Posted by Bahadir Sahin in English, Haber (News).
Tags: ,

Where are you? At home, at work, in Halifax, in Nova Scotia? While we’re usually aware of our location, how many of us pause to think how geography actually affects our lives beyond location? Our health? Our decisions?

Nothing is more important to who we are than where we are, and with the popularization of geographic information systems (GIS), we can capture, store and analyse data linked to our location like never before. The concept isn’t new; it dates back to the mid-1800s when physician John Snow used maps during the cholera outbreak in London to show that incidents were occurring near a community water tap.

Today, there isn’t a government department or large-scale enterprise that doesn’t use GIS technology, and with good reason. Detailed information on a population is crucial to decision-making for both.
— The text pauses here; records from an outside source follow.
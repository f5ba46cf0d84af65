-- ===== src/MarketData/Validation/Drift.antt =====
-- What a candle that is refused for its time leaves behind.
use mytradingsystem.MarketData.Validation.{stream_keys}
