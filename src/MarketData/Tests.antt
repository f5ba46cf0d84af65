-- ===== src/MarketData/Tests.antt =====
-- Validations of concrete records, and the theorems at records that meet their hypotheses.
use mytradingsystem.Base.{
  ℤ, pos, ◌≡◌, ◌+◌, List, [], ◌∷◌, ok, err, aware, naive, none, refl, length, DateTime, lookup,
  insert, ◌+ℤ◌, ◌-ℤ◌,
}
use mytradingsystem.Domain.{candle, impossible_ohlc}
use mytradingsystem.MarketData.Validation.{
  stream_keys, RawCandle, State, Clock, EventCode, duplicate, invalid_timestamp, out_of_order,
  feed_gap, invalid_candle, validate, validate_from, validate_one, after_previous, place,
  zero_division, QualityEvent,
}
use mytradingsystem.MarketData.Validation.Accounts.{error_count, validate-accounted}
use mytradingsystem.MarketData.Validation.Streams.{Ascends, validate-Ascends}

-- Ten minutes after the start, with two minutes of drift.
abbrev clock : Clock
clock = record { now = 600000000; drift = pos 120000000 }

abbrev raw_at : DateTime → ℤ → ℤ → RawCandle
raw_at time frame high = record {
  instrument_id = 1;
  timestamp = time;
  timeframe_seconds = frame;
  open_price = pos 100;
  high = high;
  low = pos 90;
  close = pos 100;
  volume = pos 5;
  source_event_id = "e";
  open_interest = none;
}

-- Two good minutes, the second again, a gap of one minute, an earlier time, a bad high, a naive time.
abbrev records : List RawCandle
records =
    raw_at (aware 0) (pos 60) (pos 110)
    ∷ raw_at (aware 60000000) (pos 60) (pos 110)
    ∷ raw_at (aware 60000000) (pos 60) (pos 110)
    ∷ raw_at (aware 180000000) (pos 60) (pos 110)
    ∷ raw_at (aware 30000000) (pos 60) (pos 110)
    ∷ raw_at (aware 240000000) (pos 60) (pos 95)
    ∷ raw_at (naive 300000000) (pos 60) (pos 110)
    ∷ []

abbrev codes_of : List QualityEvent → List EventCode
codes_of [] = []
codes_of (e ∷ es) = e.code ∷ codes_of es

records_run :
    (s : State) × (validate clock records ≡ ok s)
    × (length s.accepted ≡ 3)
    × (codes_of s.events
        ≡ duplicate
          ∷ feed_gap (pos 1)
          ∷ out_of_order 180000000
          ∷ invalid_candle impossible_ohlc
          ∷ invalid_timestamp
          ∷ [])
unfolding validate validate_from validate_one after_previous place lookup insert candle ◌+ℤ◌ ◌-ℤ◌
records_run = (_, refl, refl, refl)

-- A timeframe of zero after a first record is a division by zero.
zero_frame :
    validate clock (raw_at (aware 0) (pos 0) (pos 110) ∷ raw_at (aware 1) (pos 0) (pos 110) ∷ [])
    ≡ err zero_division
unfolding validate validate_from validate_one after_previous place lookup insert candle ◌+ℤ◌ ◌-ℤ◌
zero_frame = refl

validate-accounted_example : length records_run.0.accepted + error_count records_run.0.events ≡ 7
validate-accounted_example = validate-accounted clock records records_run.1

validate-Ascends_example : Ascends records_run.0.accepted
validate-Ascends_example = validate-Ascends clock records records_run.1

abbrev future : RawCandle
future = raw_at (aware 900000000) (pos 60) (pos 110)

abbrev timely : RawCandle
timely = raw_at (aware 540000000) (pos 60) (pos 110)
“There is a shift in every field towards thinking spatially,” says James Boxall, head of the GIS Centre at Dalhousie. “People don’t stay in one place. People move and their genes move with them. We have to ask ourselves, where? Why there? Why care?”

Why care, indeed. The most apparent reason is that which is of greatest importance to most everyone: our health.

“In terms of health, you have to know your own place,” explains Mr. Boxall. “It’s the place concept in geo-health that asks where are you and what are you being exposed to, such as environmental features, the era of the buildings you live in and are surrounded by, population and so on and what might happen to you based on that.”

The subject was the focus of a recent Health Leadership Forum at Dalhousie, sponsored by the GIS Centre with Capital District Health Authority and Environmental Systems Research Institute (ESRI) Canada.

In the opening presentation, Bill Davenhall of California, global manager of health geographics, ESRI, outlined the geographical considerations for all health care sectors to consider. He pressed that everyone now has the ability to map themselves and this information needs to be shared with medical services and get the data analysed properly.

Dr. Jennifer Payne, community health and epidemiology professor at Dalhousie, explained how geography and GIS help in breast cancer screening in Nova Scotia. In particular, she explored how GIS can play a key role in determining where to set up the mobile screening unit – the large bus/camper/mobile command centre you’ve undoubtedly seen as it makes its way across the province.

Another project using GIS is the Atlantic PATH, led by Dalhousie’s Louise Parker. The study follows the health of individuals from Atlantic Canada between 35-69 years of age for up to 30 years to map their health and what happens to them. For example, Trevor Dummer of Dalhousie’s Department of Pediatrics explained how arsenic levels in the province have been mapped using GIS and that PATH is looking for volunteers’ toenails for this very reason.

While mapping health issues is an important role for GIS, it’s not the only one. Ever wonder why that Sobeys or Wal-Mart was built where it is? As Mr. Boxall explains, every major organization – government, private or large non-profit – has people responsible for GIS, analyzing where people go, how they go there and what they do there.

The largest GIS library facility in Eastern Canada, the Dalhousie GIS Centre is currently involved in many other projects, including measuring the solar potential of rooftops in Halifax. Mirrored off of a similar project in Boston, it will help determine where solar panels will work and Mr. Boxall and his associates can calculate savings in dollars and CO2 emissions.

“It’s time for everyone to start thinking spatially,” says Mr. Boxall. “Spatial is the new sexy.”